As the price of lumber futures drops back below $1,000 per thousand board feet (down 42% since May), the building industry commenced construction of 1,098,000 new single-family homes in May. That’s another 44,000 more compared to April and 365,000 more than May of last year.
According to the Census Bureau, new home starts were up 4.17% in May and are now up 34% since last year despite building permits being down 1.57%. This could indicate a slow-down is on the way based on current supply chain disruptions and labor shortages in the building sector. Building permits lead new home starts by one to two months so they’re a useful indicator to gauge future flatbed demand for lumber and building materials.
The Southeast Region recorded a 2.78% increase in new single-family starts and accounted for 54% of total starts in May.
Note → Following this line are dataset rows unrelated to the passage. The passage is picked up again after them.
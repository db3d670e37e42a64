-- ===== src/Connection/Refinement.antt =====
-- The registry implements its contract: each call does to the view what `expected` says.
use yappa_core.Common.{
  string_eq, nat_eq, String, ◌≡◌, refl, sym, subst, ap, ◌∙◌, Bool, true, false, ◌&&◌, ◌||◌, Option,
  none, some, [], ◌∷◌, ◌==◌, if◌then◌else◌, arith, Option-cases, inl, inr, fun_ext, eq_of_==,
}
use yappa_core.Common.Map.{
  Map, or_empty, get, insert, remove, get-insert, get-remove, get-nil, get_of_is_empty, Distinct,
}
use yappa_core.Auth.{Identity}
use yappa_core.Connection.{
  ConnectionRegistry, ConnectionId, TrySend, DashSet, contains_key, register, unregister,
  join_group, leave_group, create_group, delete_group, send_msg_to_user, send_all,
  send_msg_to_group, deliver,
}
use yappa_core.Connection.View.{
  connections, members, prune, prune_after, connections-register, connections-unregister,
  connections-send_msg_to_user, groups-unregister, groups-send_msg_to_user,
}
use yappa_core.Connection.Deliver.{kept_after, get-deliver}
use yappa_core.Connection.Groups.{
  without, members-join_group, members-leave_group, members-create_group, members-delete_group,
  inner-leave_group, inner-delete_group,
}
use yappa_core.Connection.Spec.{
  Call, registers, unregisters, joins, leaves, creates, deletes, sends_to_user, sends_to_group,
  is_in, outside, channel_of, set_of, view, Presence-path, apply, expected,
}
use yappa_core.Connection.Valid.{IsValid, Live, IsDashSet, send_msg_to_user-IsValid}

module _ {S : Type 0} where
  get-prune : (c : ConnectionId) (m : Map ConnectionId S) → get c (or_empty (prune m)) ≡ get c m
  get-prune c m = ground (arith, get_of_is_empty c m, get-nil {V = S} c)

  channel-register :
      (r : ConnectionRegistry S) (i : Identity) (c : ConnectionId) (s : S) (t u : String)
      (k : ConnectionId)
      → channel_of (register r i c s) t u k ≡ (
          if ((i.tenant_id == t) && (i.user_id == u)) && (c == k)
          then some s
          else channel_of r t u k)
  channel-register r i c s t u k =
      ground
        (arith, connections-register r i c s t u, get-insert c k s (or_empty (connections r t u)))

  get-prune_after-remove :
      (c k : ConnectionId) (o : Option (Map ConnectionId S))
      → get k (or_empty (prune_after (remove c) o)) ≡ (if c == k then none else get k (or_empty o))
  get-prune_after-remove c k none = ground (arith, get-nil {V = S} k)
  get-prune_after-remove c k (some cs) = get-prune k (remove c cs) ∙ get-remove c k cs

  channel-unregister :
      (r : ConnectionRegistry S) (i : Identity) (c : ConnectionId) (t u : String) (k : ConnectionId)
      → channel_of (unregister r i c) t u k ≡ (
          if ((i.tenant_id == t) && (i.user_id == u)) && (c == k) then none else channel_of r t u k)
  channel-unregister r i c t u k =
      ground
        (arith, connections-unregister r i c t u, get-prune_after-remove c k (connections r t u))

-- Sets seen as functions.
is_in-set_of :
    (o : Option DashSet) (v : String) → is_in (set_of o) v ≡ contains_key (get v (or_empty o))
is_in-set_of none v = ground (arith, get-nil {V = Unit {0}} v)
is_in-set_of (some s) v = refl

set_of-joined :
    (u : String) (o : Option DashSet)
    → set_of (some (insert u tt (or_empty o))) ≡ some (λ v. u == v || is_in (set_of o) v)
set_of-joined u o =
    ap some (fun_ext (λ v. ground (arith, get-insert u v tt (or_empty o), is_in-set_of o v)))

set_of-without : (u : String) (o : Option DashSet) → set_of (without u o) ≡ outside u (set_of o)
set_of-without u none = refl
set_of-without u (some s) = ap some (fun_ext (λ v. ground (arith, get-remove u v s)))

set_of-created : (o : Option DashSet) → set_of (some (or_empty o)) ≡ some (is_in (set_of o))
set_of-created o = ap some (fun_ext (λ v. sym (is_in-set_of o v)))

-- `set_of` of an update.
set_of-if :
    (b : Bool) (o x y : Option DashSet) (z : Option (String → Bool))
    → o ≡ (if b then x else y)
    → set_of x ≡ z
    → set_of o ≡ (if b then z else set_of y)
set_of-if true o x y z e h = ap set_of e ∙ h
set_of-if false o x y z e h = ap set_of e

module _ {S M : Type 0} (try_send : S → M → TrySend × S) where
  get-prune_after-deliver :
      (msg : M) (k : ConnectionId) (o : Option (Map ConnectionId S))
      → Live o
      → get k (or_empty (prune_after (deliver try_send msg) o))
        ≡ kept_after try_send msg (get k (or_empty o))
  get-prune_after-deliver msg k none h = ground (arith, get-nil {V = S} k)
  get-prune_after-deliver msg k (some cs) h =
      get-prune k (deliver try_send msg cs) ∙ get-deliver try_send msg k cs h.0

  pub channel-send_msg_to_user :
      (r : ConnectionRegistry S) (t₀ u₀ : String) (msg : M) (t u : String) (k : ConnectionId)
      → IsValid r
      → channel_of (send_msg_to_user try_send r t₀ u₀ msg) t u k ≡ (
          if (t₀ == t) && (u₀ == u)
          then kept_after try_send msg (channel_of r t u k)
          else channel_of r t u k)
  channel-send_msg_to_user r t₀ u₀ msg t u k v = ground (
    arith,
    connections-send_msg_to_user try_send r t₀ u₀ msg t u,
    get-prune_after-deliver msg k (connections r t u) (v.live t u),
  )

  channel-send_all :
      (r : ConnectionRegistry S) (t₀ : String) (us : DashSet) (msg : M) (t u : String)
      (k : ConnectionId)
      → IsValid r
      → Distinct us
      → channel_of (send_all try_send r t₀ us msg) t u k ≡ (
          if (t₀ == t) && contains_key (get u us)
          then kept_after try_send msg (channel_of r t u k)
          else channel_of r t u k)
  unfolding send_all get
  channel-send_all r t₀ [] msg t u k v d = ground arith
  channel-send_all r t₀ ((u₀, _) ∷ us) msg t u k v d =
      let r' = send_msg_to_user try_send r t₀ u₀ msg in
      channel-send_all r' t₀ us msg t u k (send_msg_to_user-IsValid try_send t₀ u₀ msg v) d.1
      ∙ ground (arith, channel-send_msg_to_user r t₀ u₀ msg t u k v, eq_of_== u₀ u)

  channel-send_msg_to_group :
      (r : ConnectionRegistry S) (t₀ g₀ : String) (msg : M) (t u : String) (k : ConnectionId)
      → IsValid r
      → channel_of (send_msg_to_group try_send r t₀ g₀ msg) t u k ≡ (
          if (t₀ == t) && is_in (set_of (members r t₀ g₀)) u
          then kept_after try_send msg (channel_of r t u k)
          else channel_of r t u k)
  unfolding send_msg_to_group
  channel-send_msg_to_group r t₀ g₀ msg t u k v = elim (Option-cases (get t₀ r.groups)) [
    | inl e ↦ ground (arith, get-nil {V = DashSet} g₀)
    | inr (gs, e) ↦ elim (Option-cases (get g₀ gs)) [
      | inl e' ↦ ground arith
      | inr (us, e') ↦
          let found : members r t₀ g₀ ≡ some us = ground arith in
          let sets = subst IsDashSet found (v.sets t₀ g₀) in
          ground (arith, channel-send_all r t₀ us msg t u k v sets)
    ]
  ]

  groups-send_all :
      (r : ConnectionRegistry S) (t₀ : String) (us : DashSet) (msg : M)
      → (send_all try_send r t₀ us msg).groups ≡ r.groups
  unfolding send_all
  groups-send_all r t₀ [] msg = refl
  groups-send_all r t₀ ((u, _) ∷ us) msg =
      groups-send_all (send_msg_to_user try_send r t₀ u msg) t₀ us msg
      ∙ groups-send_msg_to_user try_send r t₀ u msg

  pub groups-send_msg_to_group :
      (r : ConnectionRegistry S) (t₀ g₀ : String) (msg : M)
      → (send_msg_to_group try_send r t₀ g₀ msg).groups ≡ r.groups
  unfolding send_msg_to_group
  groups-send_msg_to_group r t₀ g₀ msg = elim (Option-cases (get t₀ r.groups)) [
    | inl e ↦ ground arith
    | inr (gs, e) ↦ elim (Option-cases (get g₀ gs)) [
      | inl e' ↦ ground arith
      | inr (us, e') ↦ ground (arith, groups-send_all r t₀ us msg)
    ]
  ]

  groups-change :
      (r r' : ConnectionRegistry S) (t₀ g₀ : String) (change : Option DashSet → Option DashSet)
      (f : Option (String → Bool) → Option (String → Bool))
      → ((t g : String)
          → members r' t g
            ≡ (if (t₀ == t) && (g₀ == g) then change (members r t g) else members r t g))
      → ((o : Option DashSet) → set_of (change o) ≡ f (set_of o))
      → (t g : String)
      → set_of (members r' t g)
        ≡ (if (t₀ == t) && (g₀ == g) then f (set_of (members r t g)) else set_of (members r t g))
  groups-change r r' t₀ g₀ change f e h t g =
      set_of-if ((t₀ == t) && (g₀ == g)) (members r' t g) (change (members r t g)) (members r t g)
        (f (set_of (members r t g))) (e t g) (h (members r t g))

  -- Each call of the registry refines its contract. On a well-formed registry, what can be looked
  -- up after the call (the channel of every connection, the existence and the members of every
  -- group, of every tenant) is what `expected` says of what could be looked up before it.
  pub view-apply :
      (r : ConnectionRegistry S) (c : Call S M)
      → IsValid r
      → view (apply try_send r c) ≡ expected try_send (view r) c
  unfolding apply join_group create_group register
  view-apply r (registers i c s) v = Presence-path (channel-register r i c s) (λ t g. refl)
  view-apply r (unregisters i c) v =
      Presence-path (channel-unregister r i c) (λ t g. rw (groups-unregister r i c))
  view-apply r (joins t₀ g₀ u) v =
      Presence-path (λ t x c. refl)
        (groups-change r (join_group r t₀ g₀ u) t₀ g₀ (λ o. some (insert u tt (or_empty o)))
          (λ f. some (λ v. u == v || is_in f v)) (members-join_group r t₀ g₀ u) (set_of-joined u))
  view-apply r (leaves t₀ g₀ u) v =
      Presence-path (λ t x c. rw (inner-leave_group r t₀ g₀ u))
        (groups-change r (leave_group r t₀ g₀ u) t₀ g₀ (without u) (outside u)
          (members-leave_group r t₀ g₀ u) (set_of-without u))
  view-apply r (creates t₀ g₀) v =
      Presence-path (λ t x c. refl)
        (groups-change r (create_group r t₀ g₀) t₀ g₀ (λ o. some (or_empty o)) (λ f. some (is_in f))
          (members-create_group r t₀ g₀) set_of-created)
  view-apply r (deletes t₀ g₀) v =
      Presence-path (λ t x c. rw (inner-delete_group r t₀ g₀))
        (groups-change r (delete_group r t₀ g₀) t₀ g₀ (λ o. none) (λ f. none)
          (members-delete_group r t₀ g₀) (λ o. refl))
  view-apply r (sends_to_user t₀ u₀ msg) v =
      Presence-path (λ t u k. channel-send_msg_to_user r t₀ u₀ msg t u k v)
        (λ t g. rw (groups-send_msg_to_user try_send r t₀ u₀ msg))
  view-apply r (sends_to_group t₀ g₀ msg) v =
      Presence-path (λ t u k. channel-send_msg_to_group r t₀ g₀ msg t u k v)
        (λ t g. rw (groups-send_msg_to_group r t₀ g₀ msg))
Volumes increased 5.36% in the West Region (25% of volume) and by 16.55% in the Midwest Region although it only accounts for 15% of monthly production.
Note: All rates exclude fuel unless otherwise noted.
Flatbed volumes in the Top 10 markets eased again last week dropping by 13%. Clearly, a cooling market trend is emerging in this sector. Rates dropped on average by just $0.01/mile in the Top 10 markets but remain high at an average of $3.64/mile. Capacity was tight in Memphis, TN. Even though Memphis volumes were unchanged last week, spot rates increased by $0.06/mile to an average of $3.63/mile to all destinations.
Capacity was particularly tight in Savannah, GA and despite volumes decreasing by 22% last week, spot rates jumped $0.15/mile to an average of $3.67/mile.
Flatbed spot rates continue to plateau staying around $2.70/mile. This is the fifth consecutive week where spot rates have been working in a tight $0.01/mile to $0.02/mile range. Volumes are clearly declining though and there’s a real sense this sector is cooling off after an amazing run over the last 12-months driven by demand in the residential building and construction industries.
Flatbed rates are still $0.81/mile higher than the same week last year and $0.24/mile higher than the same time in 2018.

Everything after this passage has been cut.